Von anderen wurde ihr schon gesagt, dass sie sich zusammenreißen soll, dass sie nicht so viel feiern und lieber früher ins Bett gehen soll, usw. Tatsächlich schläft die 24-Jährige jede Nacht etwa 10 Stunden. Wenn morgens der Wecker klingelt, fühlt sie sich schläfrig und hat große Schwierigkeiten, aus dem Bett zu kommen. Eine schlafmedizinische Untersuchung ergibt, dass ihr Schlaf in der Nacht nicht gestört ist und dass auch keine andere organische Erkrankung (z. B. eine Narkolepsie) vorliegt.
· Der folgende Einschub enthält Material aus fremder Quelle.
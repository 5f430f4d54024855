-- ===== src/Llm/FileHistory/Reload.antt =====
-- A history that is opened again holds what was added to it.
use langchain_cpp.Base.{◌≡◌, refl, true, false, List, [], ◌∷◌, ◌++◌, arith, if◌then◌else◌}
use langchain_cpp.Base.Text.{codes, text_eq}
use langchain_cpp.Base.Json.{Json, RoundTrips}
use langchain_cpp.Base.Outcome.{ok, throws, traverse-map}
use langchain_cpp.Core.Message.{
  MessageRole, system, user, assistant, tool, to_api_role, ToolCall, ImageSourceType, url, base64,
  ImageContent, Message,
}
use langchain_cpp.Llm.FileHistory.{
  File, parse_role, source_type_text, call_to_json, image_to_json, message_to_json, call_from_json,
  image_from_json, message_from_json, save, saved, FileChatMessageHistory, open_history,
  add_message, clear,
}

parse_role-to_api_role : (r : MessageRole) → parse_role (to_api_role r) ≡ ok r
unfolding parse_role
parse_role-to_api_role system = refl
parse_role-to_api_role user = refl
parse_role-to_api_role assistant = refl
parse_role-to_api_role tool = refl

-- What a client does with a history.
pub data Operation (V : Type 0) : Type 0 where
  add : Message V → Operation V
  wipe : Operation V

abbrev pub conversation : {V : Type 0} → List (Operation V) → List (Message V) → List (Message V)
conversation [] messages = messages
conversation (add m ∷ ops) messages = conversation ops (messages ++ m ∷ [])
conversation (wipe ∷ ops) messages = conversation ops []

source_type_lem :
    (t : ImageSourceType)
    → (if text_eq (source_type_text t) (codes "base64") then base64 else url) ≡ t
source_type_lem url = refl
source_type_lem base64 = refl

module _ (J : Json) where
  open J use {Value, array, object, string, elements, dump_indented, parse}

  call_round_trip : (c : ToolCall Value) → call_from_json J (call_to_json J c) ≡ ok c
  unfolding call_from_json call_to_json
  call_round_trip c = simp (J.is_object-object, J.find-object, J.as_string-string)

  image_round_trip : (i : ImageContent) → image_from_json J (image_to_json J i) ≡ ok i
  unfolding image_from_json image_to_json
  image_round_trip i = simp (J.is_object-object, J.find-object, J.as_string-string, source_type_lem)

  -- A message is read back as it was written, in each of its fields.
  pub message_round_trip : (m : Message Value) → message_from_json J (message_to_json J m) ≡ ok m
  unfolding message_from_json message_to_json
  message_round_trip m =
      let calls = traverse-map (call_from_json J) (call_to_json J) m.tool_calls call_round_trip in
      let images = traverse-map (image_from_json J) (image_to_json J) m.images image_round_trip in
      simp (
        J.is_object-object, J.find-object, J.as_string-string, J.elements-array,
        parse_role-to_api_role, calls, images,
      )

  -- The file after each call, and what the messages are then.
  abbrev pub apply : Operation Value → FileChatMessageHistory J → FileChatMessageHistory J
  apply (add m) h = (add_message J m h).1
  apply wipe h = (clear J h).1

  abbrev pub apply_all :
      List (Operation Value) → FileChatMessageHistory J → FileChatMessageHistory J
  apply_all [] h = h
  apply_all (op ∷ ops) h = apply_all ops (apply op h)

  -- The file holds the messages: a history opened from it now has them.
  abbrev pub IsSaved : FileChatMessageHistory J → Type 0
  IsSaved h = open_history J h.file ≡ ok h

  module _ (r : RoundTrips J) where
    saved_lem :
        (messages : List (Message Value)) (file : File)
        → file.writable ≡ true
        → (saved J messages file).0 ≡ ok tt × IsSaved (saved J messages file).1
    unfolding saved save open_history
    saved_lem messages file h =
        let all =
          traverse-map (message_from_json J) (message_to_json J) messages message_round_trip in
        (rw h, simp (h, r.extract-dump_indented, J.elements-array, all))

    saved_writable :
        (messages : List (Message Value)) (file : File)
        → file.writable ≡ true
        → (saved J messages file).1.file.writable ≡ true
    unfolding saved save
    saved_writable messages file h = ground arith

    saved_messages :
        (messages : List (Message Value)) (file : File)
        → (saved J messages file).1.messages ≡ messages
    unfolding saved
    saved_messages messages file = refl

    -- Where the file can be written, whatever messages are added and however often the history is
    -- cleared, the object holds what was added since the last clearing, and a history opened from
    -- the file equals it.
    pub reload :
        (ops : List (Operation Value)) (h : FileChatMessageHistory J)
        → h.file.writable ≡ true
        → IsSaved h
        → IsSaved (apply_all ops h) × ((apply_all ops h).messages ≡ conversation ops h.messages)
    unfolding add_message clear
    reload [] h w s = (s, refl)
    reload (add m ∷ ops) h w s =
        let messages = h.messages ++ m ∷ [] in
        reload ops (saved J messages h.file).1 (saved_writable messages h.file w)
          (saved_lem messages h.file w).1
    reload (wipe ∷ ops) h w s =
        reload ops (saved J [] h.file).1 (saved_writable [] h.file w) (saved_lem [] h.file w).1

  -- Where the file cannot be written, adding a message throws and leaves the file alone, and the
  -- object keeps the message.
  pub add_message_unwritable :
      (m : Message Value) (h : FileChatMessageHistory J)
      → h.file.writable ≡ false
      → add_message J m h ≡ (
        throws (codes "FileChatMessageHistory: could not write to " ++ h.file.path),
        record h { messages = h.messages ++ m ∷ [] },
      )
  unfolding add_message saved save
  add_message_unwritable m h w = ground arith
Ursachen und Erklärungsmodelle

Die Ursachen der nichtorganischen Hypersomnie sind bisher weitgehend unbekannt. Es wird angenommen, dass emotionale Ursachen, aber auch genetische Faktoren bei der Entstehung der übermäßigen Schläfrigkeit eine Rolle spielen. Auch bei manchen psychischen Erkrankungen lässt sich bei einigen Patienten eine erhöhte Müdigkeit und Schlafneigung beobachten – vor allem bei Depressionen, aber z. B. auch bei der Posttraumatischen Belastungsstörung (PTBS). In solchen Fällen kann zusätzlich zur Grunderkrankung eine nichtorganische Hypersomnie diagnostiziert werden.
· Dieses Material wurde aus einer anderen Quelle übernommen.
-- ===== src/Llm/History.antt =====
-- include/langchain/llm/chat_message_history.hpp, in_memory_chat_message_history.hpp and
-- chat_model_with_history.hpp, with their sources under src/llm.
pub mod Laws
use langchain_cpp.Base.{List, [], ◌∷◌, ◌++◌}
use langchain_cpp.Base.Outcome.{Outcome, ok, throws}
use langchain_cpp.Base.Exec.{Exec, pure, continue, ◌>>=◌, ◌>>◌}
use langchain_cpp.Core.Message.{Message}
use langchain_cpp.Llm.ChatModel.{ChatModel}

-- The virtual functions of ChatMessageHistory, over a world that holds the history.
pub record ChatMessageHistory (V W : Type 0) : Type 0 where
  pub messages : Exec W (List (Message V))
  pub add_message : Message V → Exec W (Unit {0})
  pub clear : Exec W (Unit {0})

-- The world of an InMemoryChatMessageHistory: its messages, and what the model changes.
pub record InMemory (V M : Type 0) : Type 0 where
  pub messages : List (Message V)
  pub rest : M

abbrev pub in_memory_history : {V M : Type 0} → ChatMessageHistory V (InMemory V M)
in_memory_history = record {
  messages = λ w. (ok w.messages, w);
  add_message = λ message w. (ok tt, record w { messages = w.messages ++ message ∷ [] });
  clear = λ w. (ok tt, record w { messages = [] });
}

module _ {V W : Type 0} (model : ChatModel V W) (history : ChatMessageHistory V W) where
  add_messages : List (Message V) → Exec W (Unit {0})
  add_messages [] = pure tt
  add_messages (message ∷ rest) = history.add_message message >> add_messages rest

  -- ChatModelWithHistory::invoke
  pub invoke : List (Message V) → Exec W (Message V)
  unfolding add_messages
  invoke new_messages = do
    old ← history.messages
    reply ← model.invoke (old ++ new_messages)
    add_messages new_messages
    history.add_message reply
    pure reply
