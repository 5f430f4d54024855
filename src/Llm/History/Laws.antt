-- ===== src/Llm/History/Laws.antt =====
-- What a turn leaves in the history.
use langchain_cpp.Base.{◌≡◌, ◌∙◌, List, [], ◌∷◌, ◌++◌, append_assoc, append-nil}
use langchain_cpp.Base.Outcome.{Outcome, ok, throws}
use langchain_cpp.Base.Exec.{Exec}
use langchain_cpp.Core.Message.{Message}
use langchain_cpp.Llm.ChatModel.{ChatModel, default_stream}
use langchain_cpp.Llm.History.{InMemory, in_memory_history, add_messages, invoke}

abbrev pub in_rest : {V M A : Type 0} → (M → Outcome A × M) → Exec (InMemory V M) A
in_rest m w = let (r, rest') = m w.rest in (r, record w { rest = rest' })

-- A model that does not touch the history, and streams its reply as one chunk.
abbrev pub beside_history : {V M : Type 0} → ChatModel V M → ChatModel V (InMemory V M)
beside_history model = record {
  model_name = model.model_name;
  invoke = λ messages. in_rest (model.invoke messages);
  stream = default_stream (λ messages. in_rest (model.invoke messages));
}

module _ {V M : Type 0} (model : ChatModel V M) where
  add_messages_lem :
      (messages old : List (Message V)) (m : M)
      → add_messages
          (beside_history model)
          in_memory_history
          messages
          (record { messages = old; rest = m })
        ≡ (ok tt, record { messages = old ++ messages; rest = m })
  unfolding add_messages
  add_messages_lem [] old m = rw append-nil
  add_messages_lem (x ∷ messages) old m =
      add_messages_lem messages (old ++ x ∷ []) m ∙ rw append_assoc

  -- A turn hands the model the whole conversation. Where the model replies, the history then
  -- holds the conversation, the new messages and the reply; where it throws, the history is left
  -- as it was.
  pub invoke_history :
      (old new : List (Message V)) (m m' : M) (r : Outcome (Message V))
      → model.invoke (old ++ new) m ≡ (r, m')
      → invoke (beside_history model) in_memory_history new (record { messages = old; rest = m })
        ≡ (
          r,
          record {
            messages = elim r [ throws e ↦ old | ok reply ↦ (old ++ new) ++ reply ∷ [] ];
            rest = m';
          },
        )
  unfolding invoke
  invoke_history old new m m' (ok reply) h = rw (h, add_messages_lem new old m')
  invoke_history old new m m' (throws e) h = rw h
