-- ===== src/Llm/RateLimiter.antt =====
-- src/llm/rate_limiter.cpp and src/llm/rate_limited_chat_model.cpp. The double numbers are a parameter,
-- a time is the number of its seconds, and the clock is the list of what now() gives in turn. The
-- mutex is not modelled: the calls are in sequence.
pub mod Bucket
use langchain_cpp.Base.{Bool, not, List, [], ◌∷◌, Option, none, some, if◌then◌else◌}
use langchain_cpp.Base.Text.{Text}
use langchain_cpp.Base.Outcome.{ok}
use langchain_cpp.Base.Exec.{Exec, ◌>>◌}
use langchain_cpp.Core.Message.{Message}
use langchain_cpp.Llm.ChatModel.{ChatModel, StreamCallback}

-- double
pub record Numbers : Type 1 where
  pub Number : Type 0
  pub one : Number
  pub add : Number → Number → Number
  pub subtract : Number → Number → Number
  pub multiply : Number → Number → Number
  pub divide : Number → Number → Number
  -- a < b, a >= b
  pub less : Number → Number → Bool
  pub reaches : Number → Number → Bool

pub record RateLimiter (N : Type 0) : Type 0 where
  pub requests_per_second : N
  pub max_bucket_size : N
  pub available_tokens : N
  pub last_refill : N

-- What acquire leaves: the limiter, the clock, and how long it slept each time.
pub record Acquired (N : Type 0) : Type 0 where
  pub limiter : RateLimiter N
  pub clock : List N
  pub sleeps : List N

abbrev pub slept : {N : Type 0} → N → Option (Acquired N) → Option (Acquired N)
slept seconds none = none
slept seconds (some a) = some (record a { sleeps = seconds ∷ a.sleeps })

module _ (Ns : Numbers) where
  open Ns use {Number, one, add, subtract, multiply, divide, less, reaches}

  -- The constructor, at the time `now`.
  abbrev pub new_rate_limiter : Number → Number → Number → RateLimiter Number
  new_rate_limiter requests_per_second max_bucket_size now = record {
    requests_per_second = requests_per_second;
    max_bucket_size = max_bucket_size;
    available_tokens = max_bucket_size;
    last_refill = now;
  }

  -- std::min
  abbrev pub minimum : Number → Number → Number
  minimum a b = if less b a then b else a

  unfoldable pub refill : Number → RateLimiter Number → RateLimiter Number
  refill now l =
      let elapsed_seconds = subtract now l.last_refill in
      record l {
        available_tokens =
            minimum l.max_bucket_size
              (add l.available_tokens (multiply elapsed_seconds l.requests_per_second));
        last_refill = now;
      }

  unfoldable pub take_token : RateLimiter Number → RateLimiter Number
  take_token l = record l { available_tokens = subtract l.available_tokens one }

  unfoldable pub wait_seconds : RateLimiter Number → Number
  wait_seconds l = divide (subtract one l.available_tokens) l.requests_per_second

  -- RateLimiter::acquire; none where the clock ends before it returns
  unfoldable pub acquire : List Number → RateLimiter Number → Option (Acquired Number)
  unfolding refill take_token wait_seconds
  acquire [] l = none
  acquire (now ∷ clock) l =
      let refilled = refill now l in
      let rest = acquire clock refilled in
      if reaches refilled.available_tokens one
      then some (record { limiter = take_token refilled; clock = clock; sleeps = [] })
      else slept (wait_seconds refilled) rest

-- A model behind a limiter; `acquire_token` is acquire, which returns when there is a token.
pub record RateLimitedChatModel (V W : Type 0) : Type 0 where
  pub inner : ChatModel V W
  pub acquire_token : W → W

abbrev pub acquired : {W : Type 0} → (W → W) → Exec W (Unit {0})
acquired acquire_token w = (ok tt, acquire_token w)

module _ {V W : Type 0} where
  -- RateLimitedChatModel::invoke
  unfoldable pub invoke : RateLimitedChatModel V W → List (Message V) → Exec W (Message V)
  invoke m messages = acquired m.acquire_token >> m.inner.invoke messages

  -- RateLimitedChatModel::stream
  unfoldable pub stream :
      RateLimitedChatModel V W → List (Message V) → StreamCallback V W → Exec W (Unit {0})
  stream m messages on_chunk = acquired m.acquire_token >> m.inner.stream messages on_chunk

  -- RateLimitedChatModel::bind_tools, where `bound` is what the inner model's returns
  abbrev pub bind_tools : RateLimitedChatModel V W → ChatModel V W → RateLimitedChatModel V W
  bind_tools m bound = record { inner = bound; acquire_token = m.acquire_token }

  abbrev pub rate_limited : RateLimitedChatModel V W → ChatModel V W
  rate_limited m = record { model_name = m.inner.model_name; invoke = invoke m; stream = stream m }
Behandlungsansätze und Selbsthilfemöglichkeiten

Eine gute Schlafhygiene (siehe oben) kann dazu beitragen, die Symptome etwas zu lindern. Dabei sollen die Betroffenen vor allem ausreichend und zu regelmäßigen Zeiten schlafen, um so die Müdigkeit am Tag zu verringern. Außerdem sollen sie spätes Zubettgehen und Alkohol und Koffein vor dem Einschlafen vermeiden, aber auch müde machende Substanzen während des Tages vermeiden. Diese Maßnahmen werden häufig durch eine medikamentöse Therapie ergänzt.

Medikamentöse Therapie

Die medikamentöse Behandlung der Hypersomnie erfolgt meist symptomatisch, das heißt, es werden Medikamente verordnet, die eine wachmachende Wirkung haben. Dabei werden in der Regel Stimulanzien (vor allem Modafinil, aber auch Methylphenidat oder Amphetaminpräparate) eingesetzt. Teilweise werden auch das Blutdruckmedikament Clonidin, das Parkinson-Medikament Levodopa oder bestimmte Antidepressiva zur Verminderung der erhöhten Müdigkeit und Schläfrigkeit verschrieben.